Stream Machine concepts
Stream Machine handles processing of events that contain personal data in a privacy regulations compliant way.
Stream Machine improves the quality of event data by separating the rules that govern the shape and content of the event data from the teams that generate the data. So in essence, the data-scientists and analytics determine the rules, and not the front-end teams where the data originates.
Stream Machine moves the decisions around privacy compliance from the software developers and data teams to those entities that know about privacy. The rules that govern the personal data aspects of an event are handled by so-called event contracts, and do not require work by software developers.
Stream Machine takes care of complexities of handling high-volume event data with low latency and high availability.
Stream Machine makes sure that there is an audit trail around the handling of personal event data. It provides the tooling to show what entity is using what personal data for what purpose.
Stream Machine is an event processing engine designed around the following concepts.
Data science teams all over are well aware of the many ways that data are wrong. It’s generally left up to them to try to work their way out of the mess. Stream Machine aims to move the responsibility of generating correct data forwards so that those entities that produce event data will receive immediate feedback in case of discrepancies.
Events in Stream Machine are strictly defined both in shape and content. Events that do not conform will be rejected. For this, Stream Machine uses Schemas and Contracts to which all events must conform.
The events conform to a certain schema, and this schema defines which event attributes contain Personally Identifiable Information (PII). Events that are accepted by Stream Machine will have these attributes encrypted before entering any persistent storage. The encryption key is linked to an event attribute that defines its session, i.e. the attribute that ties the events together as a sequence belonging to one entity. The encryption key is rotated every 24 hours.
A limited number of example schemas can be seen in the Stream Machine Portal
Both on ingest, and on further processing, Stream Machine was designed and built to provide low latency. The current implementation uses http/2 for ingest, with typical 99 percentile latencies well below 10ms .
Internally we use Kafka for high throughput fault tolerant pipelines. We can configure batch sizes at will, but having your event data in your own Kafka consumer within 1 second is easily doable.
Stream Machine was designed from the ground up for horizontal scalability and fault tolerance. Single points of failure are currently only if the whole cloud region goes down.

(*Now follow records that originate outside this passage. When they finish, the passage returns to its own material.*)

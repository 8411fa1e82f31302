-- ===== src/ChangeSets/Lifecycle/Active.antt =====
-- How `_active` of app/services/change_set_store.py ends.
use test_gpt_local.Prelude.{some, none}
use test_gpt_local.Prelude.{ℕ, ◌≡◌, refl, sym, ap, subst, true, false, leb, inl, inr, Bool-cases}
use test_gpt_local.Prelude.Result.{ok, err}
use test_gpt_local.ChangeSets.State.{
  Status, opened, validated, committing, recovery_required, committed, rolled_back, expired,
  invalid_state, change_set_expired, Local,
}
use test_gpt_local.ChangeSets.Commit.{Outcome}
use test_gpt_local.ChangeSets.Lifecycle.{expire, may_expire, expire_if_needed, active}
use test_gpt_local.ChangeSets.Machine.{Editable, opened_is, validated_is}

-- The change set has expired, its staged files are gone, and nothing else of its place is changed.
pub record IsExpired (now : ℕ) (l l' : Local) : Type 0 where
  pub status : l'.row.status ≡ expired
  pub closed : l'.row.closed_at ≡ some now
  pub dropped : l'.directory.staging ≡ none
  pub untouched : (l'.row.operations ≡ l.row.operations) × (l'.checkout ≡ l.checkout)

pub expire-IsExpired : (now : ℕ) (l : Local) → IsExpired now l (expire now l)
expire-IsExpired now l = record {
  status = refl;
  closed = refl;
  dropped = refl;
  untouched = (refl, refl);
}

pub data ActiveEnds (now : ℕ) (l : Local) : Outcome Unit → Type 0 where
  goes_on : Editable l.row.status → leb l.row.expires_at now ≡ false → ActiveEnds now l (ok tt, l)
  refused : ActiveEnds now l (err invalid_state, l)
  expires :
      Editable l.row.status
      → leb l.row.expires_at now ≡ true
      → ActiveEnds now l (err change_set_expired, expire now l)

pub active-Ends : (now : ℕ) (l : Local) → ActiveEnds now l (active now l)
unfolding active expire_if_needed
active-Ends now l = by_status l.row.status refl
  where
    editable :
        may_expire l.row.status ≡ true → Editable l.row.status → ActiveEnds now l (active now l)
    editable m k = elim (Bool-cases (leb l.row.expires_at now)) [
      | inl b ↦ rw (m, b) (expires k b)
      | inr b ↦ rw (m, b, m) (goes_on k b)
    ]

    closed : may_expire l.row.status ≡ false → ActiveEnds now l (active now l)
    closed m = rw (m, m) refused

    by_status : (s : Status) → l.row.status ≡ s → ActiveEnds now l (active now l)
    by_status opened e = editable (ap may_expire e) (subst Editable (sym e) opened_is)
    by_status validated e = editable (ap may_expire e) (subst Editable (sym e) validated_is)
    by_status committing e = closed (ap may_expire e)
    by_status recovery_required e = closed (ap may_expire e)
    by_status committed e = closed (ap may_expire e)
    by_status rolled_back e = closed (ap may_expire e)
    by_status expired e = closed (ap may_expire e)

Stream Machine encrypts the events but with what key? To understand this we have
to look at another component of the schema, the event sequence identifier
attribute . The value in this attribute defines
wether or not events belong to the same sequence. This might be website actions
of one person, or maybe a device id of a car sending location data, we don’t
The first time a new value is seen in the key field an encryption key is
generated in Stream Machine which is linked to the event via its
strmMeta/keyLink value. The encryption and its associated key link remain
in use for 24 hours, and a new pair will then be generated.
The primary event stream is called the encrypted stream and this by design no longer contains PII data. Everyone in your company can use it . In case these data become compromised, you have a business issue, but not a privacy issue.
Even these data are useful. With a typical clickstream, where
url is not
considered personal data, you could identify dead ends on your site, or train
recommender engines on the encrypted stream, because the attributes that
identify the sequence even though encrypted, remain the same for 24 hours.
This is plenty long enough to understand typical customer journeys, without
compromising the privacy of your users.
Stream Machine supports two types of consent levels when creating a decrypted output stream: granular and cumulative.
Cumulative: Only the highest consent level is configured on the output stream. All consent levels from zero (included) up to this level (included) are decrypted in the output stream.
Granular: All the consent levels that are to be decrypted in the output stream are explicitly configured. This way, it’s possible to have "gaps" between the consent levels. For example, can specify level 1 and 4, which means that all other levels, including 2 and 3 remain encrypted.
The resulting set of consent levels effects two things, see: Create a decrypted stream
Here you instruct Stream Machine to decrypt event data with above consent levels. Stream Machine will
drop all events that don’t at least contain all the consent levels you require.
decrypt attributes with the consent levels you requested. Attributes with other pii levels will not be decrypted. So you receive exactly what you have a right to, and nothing more.
You access this stream with a specific set of credentials.
This means that data consumers will only receive the data they are legally allowed to receive, provided the company is careful with not re-using credentials.
Stream Machine is currently an engine running on Google Cloud, with http/2 input. In order to have data accepted by Stream Machine you need the following:
a valid account
a stream definition, with associated credentials. Stream Machine currently uses the Oauth 2.0 client credentials scheme.
an http/http2 client that sends data in the correct format. We provide drivers for various languages  that simplify creating the events and sending the data. For maximum performance, http/2 is preferred over http1.1. You can find the drivers on github.com/streammachineio You don’t need our software to send data. Here you can play with the actual http interaction.
Stream Machine internally keeps its data in Apache Kafka topics, that typically auto-expire their data in 7 days.
For getting the data into your systems we currently have the following options.
Currently we have the option to do periodic (minute scale) exports to AWS S3 and Google Cloud buckets, in Json-lines format . This is a very common format for Data Scientists.